Todas essas pontas soltas impactam o Brasil em um momento em que o País se preparava para colher melhorias no ambiente de negócios feitas nos últimos anos e de uma vontade da Rússia de diversificar a origem de sua produção. Para o sócio do escritório Feijó Lopes, Lúcio Feijó Lopes, a conjunção da vontade dos dois países, no pré-guerra, teria chance de atrair novas tecnologias para o desenvolvimento do setor. “Nos últimos dez anos, o Brasil aperfeiçoou a Lei da Liberdade Econômica, a Lei do Agro, e garantiu cumprimento de contratos”, afirmou. No mesmo momento, disse Lopes, a Rússia “fazia um movimento para verticalizar a cadeia de fertilizantes, buscando um contato direto com seus consumidores finais, como o produtor brasileiro”. Parecia o casamento perfeito.
ESTRATÉGIA
IMPORTAÇÃO Para o agronegócio nacional, a situação fica ainda mais grave uma vez que 20% da importação brasileira de fertilizantes vem da Rússia e encontrar novos fornecedores não será fácil. Segundo o sócio da Santos Neto Advogados, Frederico Favacho, “ainda que China e Canadá pudessem fornecer parte dos insumos, a produção nestes países é justa”. Por isso, segundo ele, a substituição não seria possível no curto prazo. Roberto Rodrigues, da FGV, ainda aponta a Jordânia como uma opção, mas essa alternativa é também inviável com a agilidade necessária. “Não temos relações com eles e construí-las leva tempo”, afirmou.
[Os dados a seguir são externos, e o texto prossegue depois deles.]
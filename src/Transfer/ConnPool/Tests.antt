-- ===== src/Transfer/ConnPool/Tests.antt =====
-- Runs of the pool of internal/transfer/connpool.go.
use sfync.Base.{◌≤◌, ◌≡◌, refl, codes, [], ◌∷◌, arith, true, false, length, nat_eq, remove}
use sfync.Transfer.ConnPool.{waits, acquire_pass, dial_failed, release, close_all}
use sfync.Transfer.ConnPool.Run.{
  System, init_seeded, pass, failed, releases, closes, Reach, seeded, next,
}
use sfync.Transfer.ConnPool.Accounts.{Inv, places, Reach-Inv, Reach-Single, closed_leaks_nothing}

-- A pool of two with connection 5: it is leased, and a second dial fails, which caps the pool.
capped : (s : System) × Reach 2 s × ((acquire_pass true s.pool).0 ≡ waits) × (s.leased ≡ 5 ∷ [])
unfolding init_seeded nat_eq acquire_pass dial_failed
capped = (
  _,
  next (next (next (seeded 5) (pass false)) (pass false)) (failed (codes "421") (omega arith)),
  refl,
  refl,
)

-- The pool is closed, and its connection released.
ended : (s : System) × Reach 2 s × (s.pool.closed ≡ true) × (s.leased ≡ []) × (s.dials ≡ 0)
unfolding init_seeded nat_eq acquire_pass release close_all remove
ended = (
  _,
  next (next (next (seeded 5) (pass false)) closes) (releases 5 false (omega arith)),
  refl,
  refl,
  refl,
)

Reach-Inv_example : Inv 2 capped.0
Reach-Inv_example = Reach-Inv capped.1

Reach-Single_example : places 5 capped.0 ≤ 1
Reach-Single_example = Reach-Single capped.1 5

closed_leaks_nothing_example : (length ended.0.gone ≡ ended.0.made) × (ended.0.pool.open_count ≡ 0)
closed_leaks_nothing_example = closed_leaks_nothing 2 ended.0 ended.1 ended.2 ended.3 ended.4

ended_books : (ended.0.gone ≡ 5 ∷ []) × (capped.0.pool.limit ≡ 1)
unfolding ended capped
ended_books = (refl, refl)
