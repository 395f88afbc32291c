-- ===== src/Transfer/Deadline.antt =====
-- internal/transfer/deadline.go: the deadline that the operations of a connection share. A call of
-- `begin`, or of the function that it returns, is one step, since each holds the lock.
pub mod Cover
pub mod Tests
use sfync.Base.{ℕ, ◌+◌, ◌≡◌, Option, some, List, [], ◌∷◌, if◌then◌else◌, ltb, ◌==◌, nat_eq}
use sfync.Base.Dict.{Dict, lookup, insert, erase}

-- `deadline` is what the connection was last told; 0 is Go's zero time, and clears it.
pub record DeadlineTracker : Type 0 where
  pub active : Dict ℕ ℕ
  pub next_id : ℕ
  pub deadline : ℕ

unfoldable pub new_deadline_tracker : DeadlineTracker
new_deadline_tracker = record { active = []; next_id = 0; deadline = 0 }

-- The loop of `apply`.
unfoldable pub latest_from : ℕ → Dict ℕ ℕ → ℕ
latest_from latest [] = latest
latest_from latest ((id, dl) ∷ active) = latest_from (if ltb latest dl then dl else latest) active

unfoldable pub apply : DeadlineTracker → DeadlineTracker
unfolding latest_from
apply t = record t { deadline = latest_from 0 t.active }

-- `begin(d)` at the time `now`: the id, and the tracker.
unfoldable pub begin : ℕ → ℕ → DeadlineTracker → ℕ × DeadlineTracker
unfolding apply insert
begin now d t = (
  t.next_id,
  apply (record t { active = insert t.next_id (now + d) t.active; next_id = t.next_id + 1 }),
)

-- The first call of the function that `begin` returns; `once` makes later calls do nothing.
unfoldable pub finish_id : ℕ → DeadlineTracker → DeadlineTracker
unfolding apply erase
finish_id id t = apply (record t { active = erase id t.active })

pub data Step (t : DeadlineTracker) : DeadlineTracker → Type 0 where
  begins : (now d : ℕ) → Step t (begin now d t).1
  ends : (id dl : ℕ) → lookup id t.active ≡ some dl → Step t (finish_id id t)

pub data Reach : DeadlineTracker → Type 0 where
  start : Reach new_deadline_tracker
  next : {t t' : DeadlineTracker} → Reach t → Step t t' → Reach t'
Plano Nacional dos Fertilizantes deve atrair investidores estrangeiros que miram crescer no 4o maior mercado consumidor do insumo
“Não houve esforço do governo para fortalecer o setor nos últimos 25 anos”
Neste cenário, o Plano Nacional de Fertilizantes ganha mais peso. Para Fábio Pizzamiglio, da Efficienza, “o governo começou a agir, mas o plano é de longo prazo”. Segundo estipulado no próprio PNF, diminuir a dependência do Brasil para 60% levaria cerca de 30 anos. Ainda entram nessa conta, a necessidade de mudanças regulatórias profundas já que, especialmente em potássio, a extração dependeria de minas em terras protegidas, como as indígenas na Amazônia. Uma situação que Jair Bolsonaro tem usado para tentar emplacar o Projeto de Lei 191/2020, que libera o garimpo nestes territórios. E aí o Brasil enfrentará outro problema com o recrudescimento da União Europeia em barrar a compra de commodities agrícolas ligadas ao desmatamento.
Além de um desastre sob qualquer ângulo humanitário, a guerra da Rússia impactou o pacífico e fundamental agronegócio brasileiro colocando a segurança alimentar do planeta sob real ameaça.